Les nucléases à doigt de zinc (ZFNs) se sont révélées très effectives pour effectuer des modifications ciblées de génome (par exemple pour la thérapie génique) mais n’ont pas été largement adoptées car il faut construire une protéine spécifique pour chaque site ADN à cibler, et leur emploi n’est pas facile. Les TALENs fonctionnent avec une région de répétition dans laquelle on peut introduire de multiples résidus permettant de reconnaître de multiples séquences, simultanément, donc, à la limite, un gène tout entier. Elles sont plus faciles à construire que les ZFNs, et leur bas coût en font des outils excellents pour l’ingénierie du génome. Elles n’ont pourtant pas connu une large utilisation, à cause de la nécessité de construire les protéines spécifiques de séquences. De plus, ZFNs et TALENS  ont une certaine activité indésirable « hors cible ».

 

L’introduction en 2013 (Feng Zhang, George M Church, Jennifer Doudna), du mécanisme bactérien CRISPR-Cas dans la panoplie des outils de modification ciblée de génome a donc fait l’effet d’une véritable révolution.

 

Mais il faut noter que CRISPR-Cas9 provoque - comme les ZFNs et la TALENS des "effets hors cible" indésirables  (insertions/mutations et même délétions ou translocations chromosomiques). Si ceux-ci sont rares et en partie prévisibles, ils n'en sont pas moins fâcheux. Il ne faudrait donc pas utiliser la technique CRISPR-Cas9 (pas plus que les autres techniques de modification ciblée génomique actuellement disponibles) pour des modifications génétiques sur l'homme (y compris en thérapie génique somatique) tant que ces effets n'auront pas été sérieusement controlés.

 

 

Lire la suite : La révolution CRISPR-cas9 et ses « enjeux éthiques graves »

 

[1] Protéine dotée de propriétés catalytique.

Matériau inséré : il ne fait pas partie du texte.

-- ===== src/Cli/Run.antt =====
-- The pivot as a program with effects: what it does to the machine is the list of its events, in
-- order, beside what it returns. A call that fails has its event too, since it was attempted, except
-- for the two resources that are released again: those events say that the resource is held.
pub mod Trace
pub mod Monitor
use xmorph.Base.{ℕ, Bool, true, false, List, [], ◌∷◌, ◌++◌, if◌then◌else◌}
use xmorph.Base.Bytes.{Bytes}
use xmorph.Base.Int.{ℤ}
use xmorph.Base.Result.{Result, ok, err}
use xmorph.Postpivot.InitConfig.{InitConfig}

pub data Event : Type 0 where
  print_plan open_log relocate_scope wait_grace ignore_hangup make_work_dir : Event
  clean_work_dir build_rootfs contain copy_binary write_resolv_conf pre_auth probe_watchdog : Event
  mount_tmpfs : ℕ → Event
  unmount_tmpfs : Event
  announce_password : Bytes → ℕ → Event
  write_config : InitConfig → Event
  probe_log_dir : Bytes → Event
  ignore_terminate isolate_services wait_services : Event
  terminate_processes : ℕ → Event
  arm_watchdog : ℤ → Event
  disarm_watchdog prepare_mounts make_old_root flush_log pivot_root cleanup_old_root : Event
  exec_supervisor : List Bytes → Bool → Event

pub data Failure : Type 0 where
  needs_root needs_force work_dir_failed no_meminfo statfs_failed mount_point_failed : Failure
  clean_failed bad_rootfs_size no_ram insufficient_headroom mount_failed build_failed : Failure
  contain_failed entrypoint_is_shell no_password config_failed binary_failed resolv_failed : Failure
  auth_failed watchdog_missing needs_old_root log_dir_failed arm_failed prepare_failed : Failure
  old_root_failed pivot_failed exec_failed : Failure

-- `replaced`: the process image is the supervisor's now, and nothing is returned to.
pub data Exit : Type 0 where
  returned replaced : Exit

abbrev pub Run {ℓ} : Type ℓ → Type ℓ
Run A = List Event × Result Failure A

abbrev pub pure {ℓ} : {A : Type ℓ} → A → Run A
pure a = ([], ok a)

abbrev pub fail {ℓ} : {A : Type ℓ} → Failure → Run A
fail e = ([], err e)

-- The rest runs only if no error was returned.
abbrev pub continue {ℓ κ} :
    {A : Type ℓ} {B : Type κ} → List Event → Result Failure A → (A → Run B) → Run B
continue t (ok a) f = (t ++ (f a).0, (f a).1)
continue t (err e) f = (t, err e)

infixl 5 ◌>>=◌
unfoldable pub ◌>>=◌ {ℓ κ} : {A : Type ℓ} {B : Type κ} → Run A → (A → Run B) → Run B
run >>= next = continue run.0 run.1 next

infixl 5 ◌>>◌
abbrev pub ◌>>◌ {κ} : {B : Type κ} → Run (Unit {0}) → Run B → Run B
first >> rest = first >>= (λ done. rest)

abbrev pub emit : Event → Run (Unit {0})
emit e = (e ∷ [], ok tt)

-- A call that returns an error, which ends the pivot, or none.
abbrev pub call : Event → Bool → Failure → Run (Unit {0})
call e true f = (e ∷ [], ok tt)
call e false f = (e ∷ [], err f)

-- A call that acquires a resource.
abbrev pub acquire : Event → Bool → Failure → Run (Unit {0})
acquire e true f = (e ∷ [], ok tt)
acquire e false f = ([], err f)

abbrev pub check : Bool → Failure → Run (Unit {0})
check true f = ([], ok tt)
check false f = ([], err f)

abbrev pub when : Bool → Run (Unit {0}) → Run (Unit {0})
when b m = if b then m else ([], ok tt)

-- What a `defer` adds, by the way in which the function ends.
abbrev pub at_exit : Event → Result Failure Exit → List Event
at_exit e (ok replaced) = []
at_exit e (ok returned) = e ∷ []
at_exit e (err f) = e ∷ []

abbrev pub deferring : Bool → Event → Run Exit → Run Exit
deferring held e m = (if held then m.0 ++ at_exit e m.1 else m.0, m.1)
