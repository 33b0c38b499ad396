-- ===== src/Cli/Pivot.antt =====
-- internal/cli/pivot.go: `runPivot` and `runContain`, stage by stage in the order of the source.
pub mod Ready
pub mod Handed
pub mod Handover
pub mod Machine
pub mod Staged
pub mod Release
pub mod HostMounts
pub mod Tmpfs
pub mod Order
pub mod Success
use xmorph.Base.{
  ℕ, Bool, true, false, Option, none, some, List, [], ◌∷◌, ◌++◌, ◌&&◌, ◌||◌, not, ◌==◌,
  if◌then◌else◌,
}
use xmorph.Base.Bytes.{Bytes, codes, is_empty}
use xmorph.Base.Int.{is_positive}
use xmorph.Base.Result.{Result, ok, err}
use xmorph.Config.Types.{Config, tailscale_enabled}
use xmorph.Config.Size.{SizeError, parse_size}
use xmorph.Cli.Entrypoint.{
  Launch, resolve_entrypoint, survives_detach, ssh_port, ensure_ssh_usable, build_postpivot_config,
}
use xmorph.Cli.Host.{Host}
use xmorph.Cli.Run.{
  Event, print_plan, open_log, relocate_scope, wait_grace, ignore_hangup, make_work_dir,
  clean_work_dir, build_rootfs, contain, copy_binary, write_resolv_conf, pre_auth, probe_watchdog,
  mount_tmpfs, unmount_tmpfs, announce_password, write_config, probe_log_dir, ignore_terminate,
  isolate_services, wait_services, terminate_processes, arm_watchdog, disarm_watchdog,
  prepare_mounts, make_old_root, flush_log, pivot_root, cleanup_old_root, exec_supervisor,
}
use xmorph.Cli.Run.{
  Failure, needs_root, needs_force, work_dir_failed, no_meminfo, statfs_failed, mount_point_failed,
  clean_failed, bad_rootfs_size, no_ram, insufficient_headroom, mount_failed, build_failed,
  contain_failed, entrypoint_is_shell, no_password, config_failed, binary_failed, resolv_failed,
  auth_failed, watchdog_missing, needs_old_root, log_dir_failed, arm_failed, prepare_failed,
  old_root_failed, pivot_failed, exec_failed, Exit, returned, replaced,
}
use xmorph.Cli.Run.{Run, pure, fail, ◌>>=◌, ◌>>◌, emit, call, acquire, check, when, deferring}
use xmorph.Path.{join_all}
use xmorph.Postpivot.InitConfig.{binary_path}
use xmorph.Sysmem.{MemInfo, recommend_rootfs_bytes, headroom_check}

abbrev from_some {ℓ} : {A : Type ℓ} → Option A → Failure → Run A
from_some none f = fail f
from_some (some a) f = pure a

abbrev or_zero : Option ℕ → ℕ
or_zero none = 0
or_zero (some n) = n

module _ (h : Host) (c : Config) where
  -- Whether the process was moved out of the launching session's scope.
  unfoldable pub detach : Run Bool
  detach =
      if not c.systemd_mode && h.is_systemd
      then (relocate_scope ∷ [], ok h.relocates)
      else pure false

  -- From the log sink to the work dir.
  unfoldable pub start : Run (Unit {0})
  start = do
    when (not (is_empty c.log_dir) && h.has_log_handler) (emit open_log)
    detached ← detach
    when (h.over_ssh && not detached) (emit wait_grace)
    emit ignore_hangup
    call make_work_dir h.makes_dir work_dir_failed

  -- The size that was asked for, or the recommended one.
  unfoldable pub requested_budget : MemInfo → Run ℕ
  requested_budget mem =
      if is_empty c.rootfs_size
      then pure (recommend_rootfs_bytes mem)
      else elim (parse_size h.floats c.rootfs_size mem.total) [
        | ok n ↦ pure n
        | err e ↦ fail bad_rootfs_size
      ]

  unfoldable pub check_headroom : MemInfo → ℕ → Run (Unit {0})
  check_headroom mem budget = elim (headroom_check mem budget) [
    | ok warn ↦ pure tt
    | err e ↦ fail insufficient_headroom
  ]

  unfoldable pub mount_own : MemInfo → Run (Unit {0})
  mount_own mem = do
    budget ← requested_budget mem
    check (not (budget == 0)) no_ram
    check_headroom mem budget
    acquire (mount_tmpfs budget) h.mounts_tmpfs mount_failed

  -- Whether a tmpfs was mounted on the work dir, which has to be unmounted on an abort.
  unfoldable pub storage : Run Bool
  storage = do
    mem ← from_some h.meminfo no_meminfo
    if c.no_rootfs_tmpfs then (do free ← from_some h.free_bytes statfs_failed; pure false) else (do
      mounted ← from_some h.is_mount_point mount_point_failed
      if mounted
          then (do call clean_work_dir h.cleans clean_failed; pure false)
          else (do mount_own mem; pure true))

  -- Build, the configuration for after the pivot, and the files that it needs.
  unfoldable pub stage : Run Launch
  stage = do
    built ←
        (build_rootfs ∷ [], elim (h.builds c.layers) [ none ↦ err build_failed | some ic ↦ ok ic ])
    let launch : Launch = resolve_entrypoint c built
    check (survives_detach h.stdin_is_terminal c launch.entrypoint) entrypoint_is_shell
    usable ← from_some (ensure_ssh_usable h.passphrase c) no_password
    when (not (is_empty usable.1)) (emit (announce_password usable.1 (ssh_port usable.0)))
    let written = build_postpivot_config usable.0 launch.entrypoint launch.args
    call (write_config written) (h.writes_config written) config_failed
    call copy_binary h.copies_binary binary_failed
    call write_resolv_conf h.writes_resolv_conf resolv_failed
    pure launch

  unfoldable pub persist_dir : Bytes
  persist_dir = join_all (codes "/" ∷ c.log_persist_device ∷ c.log_persist_path ∷ [])

  -- What can be checked while the old system is alive.
  unfoldable pub precheck : Run (Unit {0})
  precheck = do
    when (tailscale_enabled c) (call pre_auth h.authenticates auth_failed)
    when (is_positive c.watchdog_timeout) (call probe_watchdog h.has_watchdog watchdog_missing)
    when (not (is_empty c.log_persist_path)) (do
      check (not (is_empty c.keep_old_root)) needs_old_root
      call (probe_log_dir persist_dir) (h.log_dir_writable persist_dir) log_dir_failed)

  -- From here on the pivot is not to be interrupted. Errors are logged and passed over.
  unfoldable pub stop_services : Run (Unit {0})
  stop_services = do
    emit ignore_terminate
    when (not c.systemd_mode) (do
      when (not c.no_init_coord && not h.in_container)
          (do emit isolate_services; emit wait_services)
      emit (terminate_processes c.timeout))

  unfoldable pub swap_roots : Run (Unit {0})
  swap_roots = do
    call prepare_mounts h.prepares prepare_failed
    call make_old_root h.makes_old_root old_root_failed
    when h.has_log_handler (emit flush_log)
    call pivot_root h.pivots pivot_failed
    when (is_empty c.keep_old_root) (emit cleanup_old_root)

  unfoldable pub exec_new : Launch → Run Exit
  exec_new launch =
      let argv = binary_path ∷ codes "--init" ∷ launch.entrypoint ∷ launch.args in
      (
        exec_supervisor argv (is_positive c.watchdog_timeout) ∷ [],
        if h.execs then ok replaced else err exec_failed,
      )

  -- With the watchdog armed or not needed.
  unfoldable pub finish : Launch → Run Exit
  finish launch = do swap_roots; exec_new launch

  unfoldable pub commit : Launch → Run Exit
  commit launch = do
    stop_services
    when (is_positive c.watchdog_timeout)
        (acquire (arm_watchdog c.watchdog_timeout) h.arms_watchdog arm_failed)
    deferring (is_positive c.watchdog_timeout) disarm_watchdog (finish launch)

  unfoldable pub after_storage : Run Exit
  after_storage = do launch ← stage; precheck; commit launch

  unfoldable pub run_contain : Run Exit
  run_contain = do
    check h.is_root needs_root
    call clean_work_dir h.cleans clean_failed
    built ←
        (build_rootfs ∷ [], elim (h.builds c.layers) [ none ↦ err build_failed | some ic ↦ ok ic ])
    call contain h.contains contain_failed
    pure returned

  -- Neither a dry run nor contained.
  unfoldable pub pivot_host : Run Exit
  pivot_host = do
    check h.is_root needs_root
    check c.force needs_force
    start
    mounted ← storage
    deferring mounted unmount_tmpfs after_storage

  unfoldable pub run_pivot : Run Exit
  run_pivot =
      if c.dry_run
      then (print_plan ∷ [], ok returned)
      else if c.contain
      then run_contain
      else pivot_host
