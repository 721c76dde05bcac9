-- ===== src/Ws/Tracked.antt =====
-- Each armed reconnection is the one that the client can cancel.
use workflowui.Base.{
  ℕ, ◌≡◌, refl, sym, ◌∙◌, inl, inr, true, false, ◌||◌, Option, some, none, List, [], ◌∷◌, eqb, ltb,
  find?, is_some, All, All-append, All-mem, String, Bool, Option-cases, find?-mem, All-map_imp,
  if_both, if_true, subst, ◌==◌,
}
use workflowui.Ws.{
  connect_threw, PendingCall, Purpose, reply, retry, Client, Event, MessageId, absent, other,
  number, RpcResponse, Parsed, invalid, null, response, Output, rejected, init, run, step,
  reject_all, clear_timeout, disarm, update, closed_error, complete, schedule_reconnect, connect,
  settle_connect, on_open, on_error, on_close, on_response, dispatch, handle_message, issue, call,
  notify, is_ready, run_purpose, run_timer, on_timer, disconnect, subscribe, unsubscribe, emit,
  emit_state, notify_connection, connects, opened, failed, closed, receives, calls, notifies,
  expires, disconnects, subscribes, unsubscribes, Topic, notifications, connections, reconnects,
  states,
}
use workflowui.Ws.Accounts.{All-clear_timeout}

abbrev pub TrackedBy : Option ℕ → ℕ → Purpose → Type 0
TrackedBy timer handle (reply id ms method) = Unit
TrackedBy timer handle (retry delay) = timer ≡ some handle

TrackedBy-change :
    (old new : Option ℕ) (handle : ℕ) (purpose : Purpose)
    → (old ≡ some handle → new ≡ some handle)
    → TrackedBy old handle purpose
    → TrackedBy new handle purpose
TrackedBy-change old new handle (reply id ms method) f h = tt
TrackedBy-change old new handle (retry delay) f h = f h

module _ {ℓ} {V : Type ℓ} where
  pub record IsTracked (c : Client V) : Type ℓ where
    pub tracked : All (λ t. TrackedBy c.reconnect_timer t.handle t.purpose) c.timers

  schedule_reconnect-IsTracked :
      (random : ℕ) (c : Client V) → IsTracked c → IsTracked (schedule_reconnect random c)
  unfolding schedule_reconnect emit_state
  schedule_reconnect-IsTracked random c v = elim (Option-cases c.reconnect_timer) [
    | inr (h, e) ↦
        let test : (is_some c.reconnect_timer || c.stopped) ≡ true = rw e in
        subst IsTracked (sym (if_true _ c _ test)) v
    | inl idle ↦ if_both IsTracked (is_some c.reconnect_timer || c.stopped) c _ v (record {
      tracked =
          All-append _ c.timers
            (All-map_imp _ _ c.timers
              (λ t x.
                TrackedBy-change c.reconnect_timer (some c.next_handle) t.handle t.purpose (λ e. cc)
                  x)
              v.tracked)
            refl;
    })
  ]

  settle_connect-IsTracked :
      (socket : ℕ) (o : Output V) (c : Client V)
      → IsTracked c
      → IsTracked (settle_connect socket o c)
  unfolding settle_connect
  settle_connect-IsTracked socket o c v =
      if_both IsTracked (c.is_settled socket) c _ v (record { tracked = v.tracked })

  on_open-IsTracked : (socket : ℕ) (c : Client V) → IsTracked c → IsTracked (on_open socket c)
  unfolding on_open notify_connection emit_state
  on_open-IsTracked socket c v = settle_connect-IsTracked socket _ _ (
      if_both IsTracked c.had_first_open _ _ (record { tracked = v.tracked })
        (record { tracked = v.tracked }))

  reject_all-IsTracked :
      (ps : List PendingCall) (c : Client V) → IsTracked c → IsTracked (reject_all ps c)
  unfolding reject_all
  reject_all-IsTracked [] c v = v
  reject_all-IsTracked (p ∷ ps) c v =
      reject_all-IsTracked ps
        (record c {
          timers = clear_timeout p.timer c.timers;
          settlements = (p.id, rejected closed_error) ∷ c.settlements;
        })
        (record {
          tracked = All-map_imp _ _ _ (λ t x. x.0) (All-clear_timeout _ p.timer c.timers v.tracked);
        })

  on_close-IsTracked :
      (socket random : ℕ) (c : Client V) → IsTracked c → IsTracked (on_close socket random c)
  unfolding on_close notify_connection emit_state
  on_close-IsTracked socket random c v =
      let shut = record c { is_open = update c.is_open socket false; connected = false } in
      let told : Client V =
        notify_connection false (record (reject_all c.pending shut) { pending = [] }) in
      let w : IsTracked told = record {
        tracked = (reject_all-IsTracked c.pending shut (record { tracked = v.tracked })).tracked;
      } in
      if_both IsTracked c.stopped told (schedule_reconnect random told) w
        (schedule_reconnect-IsTracked random told w)

  on_response-IsTracked :
      (id : MessageId) (msg : RpcResponse V) (c : Client V)
      → IsTracked c
      → IsTracked (on_response id msg c)
  unfolding on_response complete
  on_response-IsTracked absent msg c v = v
  on_response-IsTracked other msg c v = v
  on_response-IsTracked (number id) msg c v =
      elim (Option-cases (find? (λ p. eqb p.id id) c.pending)) [
        | inl missing ↦ rw missing v
        | inr (p, found) ↦ rw found (record {
          tracked = All-map_imp _ _ _ (λ t x. x.0) (All-clear_timeout _ p.timer c.timers v.tracked);
        })
      ]

  dispatch-IsTracked :
      (method : Option String) (id : MessageId) (msg : RpcResponse V) (c : Client V)
      → IsTracked c
      → IsTracked (dispatch method id msg c)
  unfolding dispatch
  dispatch-IsTracked none id msg c v = on_response-IsTracked id msg c v
  dispatch-IsTracked (some method) absent msg c v =
      if_both IsTracked (method == "") c _ v (record { tracked = v.tracked })
  dispatch-IsTracked (some method) other msg c v = on_response-IsTracked other msg c v
  dispatch-IsTracked (some method) (number id) msg c v = on_response-IsTracked (number id) msg c v

  handle_message-IsTracked :
      (msg : Parsed V) (c : Client V) → IsTracked c → IsTracked (handle_message msg c)
  unfolding handle_message
  handle_message-IsTracked invalid c v = v
  handle_message-IsTracked null c v = record { tracked = v.tracked }
  handle_message-IsTracked (response msg) c v = dispatch-IsTracked msg.method msg.id msg c v

  call-IsTracked :
      (method : String) (params : Option V) (timeout_ms : ℕ) (c : Client V)
      → IsTracked c
      → IsTracked (call method params timeout_ms c)
  unfolding call issue
  call-IsTracked method params timeout_ms c v =
      if_both IsTracked (is_ready c) _ _
        (if_both IsTracked (ltb 0 timeout_ms) _ _
          (record { tracked = All-append _ c.timers v.tracked tt })
          (record { tracked = v.tracked }))
        (record { tracked = v.tracked })

  notify-IsTracked :
      (method : String) (params : Option V) (c : Client V)
      → IsTracked c
      → IsTracked (notify method params c)
  unfolding notify
  notify-IsTracked method params c v =
      if_both IsTracked (is_ready c) _ c (record { tracked = v.tracked }) v

  connect-IsTracked :
      (fails : Bool) (random : ℕ) (c : Client V) → IsTracked c → IsTracked (connect fails random c)
  unfolding connect
  connect-IsTracked true random c v =
      schedule_reconnect-IsTracked random (emit (connect_threw ∷ []) (record c { stopped = false }))
        (record { tracked = v.tracked })
  connect-IsTracked false random c v = record { tracked = v.tracked }

  run_purpose-IsTracked :
      (handle : ℕ) (purpose : Purpose) (fails : Bool) (random : ℕ) (c : Client V)
      → IsTracked c
      → TrackedBy c.reconnect_timer handle purpose
      → IsTracked (run_purpose purpose fails random (record c { timers = disarm handle c.timers }))
  unfolding run_purpose
  run_purpose-IsTracked handle (reply id ms method) fails random c v h = record {
    tracked = All-map_imp _ _ _ (λ t x. x.0) (All-clear_timeout _ (some handle) c.timers v.tracked);
  }
  run_purpose-IsTracked handle (retry delay) fails random c v h =
      connect-IsTracked fails random
        (record c { timers = disarm handle c.timers; reconnect_timer = none })
        (record {
          tracked =
              All-map_imp _ _ _
                (λ t x.
                  TrackedBy-change c.reconnect_timer none t.handle t.purpose
                    (λ e. absurd (x.1 (sym h ∙ e))) x.0)
                (All-clear_timeout _ (some handle) c.timers v.tracked);
        })

  on_timer-IsTracked :
      (handle : ℕ) (fails : Bool) (random : ℕ) (c : Client V)
      → IsTracked c
      → IsTracked (on_timer handle fails random c)
  unfolding on_timer run_timer
  on_timer-IsTracked handle fails random c v =
      elim (Option-cases (find? (λ t. eqb t.handle handle) c.timers)) [
        | inl missing ↦ rw missing v
        | inr (t, found) ↦ rw found (
            run_purpose-IsTracked t.handle t.purpose fails random c v
              (All-mem _ c.timers v.tracked (find?-mem _ c.timers t found).0))
      ]

  -- after the reconnection has been cancelled no timer is left for one
  pub no_retry-clear_timeout :
      (c : Client V)
      → IsTracked c
      → All (λ t. TrackedBy none t.handle t.purpose) (clear_timeout c.reconnect_timer c.timers)
  no_retry-clear_timeout c v =
      All-map_imp _ _ _
        (λ t x.
          TrackedBy-change c.reconnect_timer none t.handle t.purpose (λ e. absurd (x.1 e)) x.0)
        (All-clear_timeout _ c.reconnect_timer c.timers v.tracked)

  disconnect-IsTracked : (c : Client V) → IsTracked c → IsTracked (disconnect c)
  unfolding disconnect emit_state
  disconnect-IsTracked c v = record { tracked = no_retry-clear_timeout c v }

  subscribe-IsTracked :
      (topic : Topic) (h : ℕ) (c : Client V) → IsTracked c → IsTracked (subscribe topic h c)
  unfolding subscribe
  subscribe-IsTracked notifications h c v = record { tracked = v.tracked }
  subscribe-IsTracked connections h c v = record { tracked = v.tracked }
  subscribe-IsTracked reconnects h c v = record { tracked = v.tracked }
  subscribe-IsTracked states h c v = record { tracked = v.tracked }

  unsubscribe-IsTracked :
      (topic : Topic) (h : ℕ) (c : Client V) → IsTracked c → IsTracked (unsubscribe topic h c)
  unfolding unsubscribe
  unsubscribe-IsTracked notifications h c v = record { tracked = v.tracked }
  unsubscribe-IsTracked connections h c v = record { tracked = v.tracked }
  unsubscribe-IsTracked reconnects h c v = record { tracked = v.tracked }
  unsubscribe-IsTracked states h c v = record { tracked = v.tracked }

  step-IsTracked : (e : Event V) (c : Client V) → IsTracked c → IsTracked (step e c)
  unfolding step on_error
  step-IsTracked (connects fails random) c v = connect-IsTracked fails random c v
  step-IsTracked (opened socket) c v = on_open-IsTracked socket c v
  step-IsTracked (failed socket) c v = settle_connect-IsTracked socket _ c v
  step-IsTracked (closed socket random) c v = on_close-IsTracked socket random c v
  step-IsTracked (receives msg) c v = handle_message-IsTracked msg c v
  step-IsTracked (calls method params timeout_ms) c v = call-IsTracked method params timeout_ms c v
  step-IsTracked (notifies method params) c v = notify-IsTracked method params c v
  step-IsTracked (expires handle fails random) c v = on_timer-IsTracked handle fails random c v
  step-IsTracked disconnects c v = disconnect-IsTracked c v
  step-IsTracked (subscribes topic h) c v = subscribe-IsTracked topic h c v
  step-IsTracked (unsubscribes topic h) c v = unsubscribe-IsTracked topic h c v

  run_from-IsTracked : (es : List (Event V)) (c : Client V) → IsTracked c → IsTracked (run es c)
  unfolding run
  run_from-IsTracked [] c v = v
  run_from-IsTracked (e ∷ es) c v = run_from-IsTracked es (step e c) (step-IsTracked e c v)

  pub run-IsTracked : (es : List (Event V)) → IsTracked (run es init)
  run-IsTracked es = run_from-IsTracked es init (record { tracked = tt })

[2] Une nucléase est une enzyme capable de couper l’ADN en des points précis.

[3]  «insertion», c’est à dire addition d’un ou de plusieurs nucléotides – « délétion » c’est à dire suppression d’un ou de plusieurs nucléotides

[4] Une endonucléase est une nucléase, qui coupe un acide nucléique en fragments plus courts. Les endonucléases sont capables de couper au milieu de la chaîne, par opposition aux exonucléases qui n'attaquent que les nucléotides situés aux extrémités des fragments.

[5] Les méganucléases sont des nucléases d'ADN qui se caractérisent par un site de reconnaissance de grande taille (des séquences d’ADN double-brin de 12 à 40 paires de bases), ce qui fait qu’il est généralement présent en un seul exemplaire dans un génome donné.